PROBLEM STATEMENT:
Which lines of the entries below contain the string "then"? Copy each one.

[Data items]
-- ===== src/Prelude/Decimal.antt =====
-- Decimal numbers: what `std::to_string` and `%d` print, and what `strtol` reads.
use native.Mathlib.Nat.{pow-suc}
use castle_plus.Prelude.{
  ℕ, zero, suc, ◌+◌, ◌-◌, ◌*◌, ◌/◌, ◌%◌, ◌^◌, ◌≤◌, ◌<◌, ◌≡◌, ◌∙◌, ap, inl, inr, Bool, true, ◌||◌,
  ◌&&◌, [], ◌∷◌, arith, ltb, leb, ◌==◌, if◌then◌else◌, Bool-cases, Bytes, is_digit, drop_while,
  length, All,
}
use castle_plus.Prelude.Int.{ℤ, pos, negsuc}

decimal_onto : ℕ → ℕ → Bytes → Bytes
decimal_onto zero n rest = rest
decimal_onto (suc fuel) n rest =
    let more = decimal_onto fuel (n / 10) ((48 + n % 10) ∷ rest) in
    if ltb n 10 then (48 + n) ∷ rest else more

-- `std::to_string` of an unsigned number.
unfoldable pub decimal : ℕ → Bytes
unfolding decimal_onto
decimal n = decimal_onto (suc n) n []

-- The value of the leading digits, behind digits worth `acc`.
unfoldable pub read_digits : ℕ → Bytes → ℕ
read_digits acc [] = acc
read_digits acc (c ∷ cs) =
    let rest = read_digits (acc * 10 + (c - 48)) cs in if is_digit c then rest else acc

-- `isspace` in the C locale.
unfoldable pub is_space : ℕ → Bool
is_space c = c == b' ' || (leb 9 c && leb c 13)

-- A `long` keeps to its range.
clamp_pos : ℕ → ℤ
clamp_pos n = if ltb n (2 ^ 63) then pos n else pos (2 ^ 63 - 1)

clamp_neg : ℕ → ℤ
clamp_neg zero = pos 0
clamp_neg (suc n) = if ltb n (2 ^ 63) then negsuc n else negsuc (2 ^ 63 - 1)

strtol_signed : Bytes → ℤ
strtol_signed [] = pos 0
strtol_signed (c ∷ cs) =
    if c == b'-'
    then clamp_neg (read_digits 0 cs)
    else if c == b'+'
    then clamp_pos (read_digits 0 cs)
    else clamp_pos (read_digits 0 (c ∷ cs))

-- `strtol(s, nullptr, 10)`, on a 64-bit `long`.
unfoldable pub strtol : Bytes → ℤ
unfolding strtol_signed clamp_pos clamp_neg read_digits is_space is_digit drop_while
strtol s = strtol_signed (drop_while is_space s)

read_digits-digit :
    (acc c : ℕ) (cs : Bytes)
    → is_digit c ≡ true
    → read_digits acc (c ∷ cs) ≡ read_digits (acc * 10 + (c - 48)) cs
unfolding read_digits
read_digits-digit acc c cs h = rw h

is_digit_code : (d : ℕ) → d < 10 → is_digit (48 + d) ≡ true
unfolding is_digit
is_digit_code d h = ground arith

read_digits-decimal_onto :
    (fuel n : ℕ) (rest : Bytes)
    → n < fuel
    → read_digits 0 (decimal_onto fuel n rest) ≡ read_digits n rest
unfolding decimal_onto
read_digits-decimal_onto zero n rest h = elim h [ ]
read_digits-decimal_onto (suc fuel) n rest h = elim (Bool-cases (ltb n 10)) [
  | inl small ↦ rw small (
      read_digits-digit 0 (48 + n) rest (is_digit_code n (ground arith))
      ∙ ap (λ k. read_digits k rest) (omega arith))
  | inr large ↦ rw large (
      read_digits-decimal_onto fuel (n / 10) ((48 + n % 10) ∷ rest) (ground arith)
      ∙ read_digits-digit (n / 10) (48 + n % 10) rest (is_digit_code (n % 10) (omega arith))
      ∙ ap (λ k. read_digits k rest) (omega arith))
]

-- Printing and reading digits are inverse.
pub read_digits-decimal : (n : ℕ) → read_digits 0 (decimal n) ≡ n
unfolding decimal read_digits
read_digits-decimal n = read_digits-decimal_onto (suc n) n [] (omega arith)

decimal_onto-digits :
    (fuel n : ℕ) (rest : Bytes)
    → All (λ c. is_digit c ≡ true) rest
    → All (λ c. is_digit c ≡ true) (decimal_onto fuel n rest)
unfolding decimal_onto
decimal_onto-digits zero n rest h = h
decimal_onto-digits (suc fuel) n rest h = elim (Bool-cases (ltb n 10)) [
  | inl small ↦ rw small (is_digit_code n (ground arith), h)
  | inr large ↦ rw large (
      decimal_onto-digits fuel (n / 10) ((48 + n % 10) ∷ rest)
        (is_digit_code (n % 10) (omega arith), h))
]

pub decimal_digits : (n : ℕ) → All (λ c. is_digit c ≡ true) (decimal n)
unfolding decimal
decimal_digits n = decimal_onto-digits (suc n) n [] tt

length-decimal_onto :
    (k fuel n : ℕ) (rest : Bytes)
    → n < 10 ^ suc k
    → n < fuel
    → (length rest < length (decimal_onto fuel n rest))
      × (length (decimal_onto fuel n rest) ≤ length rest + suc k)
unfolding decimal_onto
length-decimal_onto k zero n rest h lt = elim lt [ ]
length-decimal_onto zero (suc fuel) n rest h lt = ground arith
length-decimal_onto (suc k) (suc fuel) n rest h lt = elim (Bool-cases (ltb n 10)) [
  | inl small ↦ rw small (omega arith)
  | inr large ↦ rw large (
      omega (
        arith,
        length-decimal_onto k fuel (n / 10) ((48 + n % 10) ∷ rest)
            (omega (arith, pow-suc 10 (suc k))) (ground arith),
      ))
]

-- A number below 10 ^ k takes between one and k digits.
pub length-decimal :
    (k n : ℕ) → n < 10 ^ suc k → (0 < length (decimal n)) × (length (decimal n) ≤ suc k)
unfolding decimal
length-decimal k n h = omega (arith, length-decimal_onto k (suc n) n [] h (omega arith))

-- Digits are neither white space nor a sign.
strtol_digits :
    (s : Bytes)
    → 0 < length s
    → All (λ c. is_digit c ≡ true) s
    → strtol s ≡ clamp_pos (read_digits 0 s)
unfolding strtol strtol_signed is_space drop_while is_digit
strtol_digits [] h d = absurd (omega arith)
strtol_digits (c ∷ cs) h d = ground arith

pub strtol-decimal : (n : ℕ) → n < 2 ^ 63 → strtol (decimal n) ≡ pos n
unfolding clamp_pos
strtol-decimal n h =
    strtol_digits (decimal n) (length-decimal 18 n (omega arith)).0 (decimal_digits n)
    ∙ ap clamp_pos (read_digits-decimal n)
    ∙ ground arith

YOUR SOLUTION:
  ◌&&◌, [], ◌∷◌, arith, ltb, leb, ◌==◌, if◌then◌else◌, Bool-cases, Bytes, is_digit, drop_while,
    if ltb n 10 then (48 + n) ∷ rest else more
    let rest = read_digits (acc * 10 + (c - 48)) cs in if is_digit c then rest else acc
clamp_pos n = if ltb n (2 ^ 63) then pos n else pos (2 ^ 63 - 1)
clamp_neg (suc n) = if ltb n (2 ^ 63) then negsuc n else negsuc (2 ^ 63 - 1)
    then clamp_neg (read_digits 0 cs)
    then clamp_pos (read_digits 0 cs)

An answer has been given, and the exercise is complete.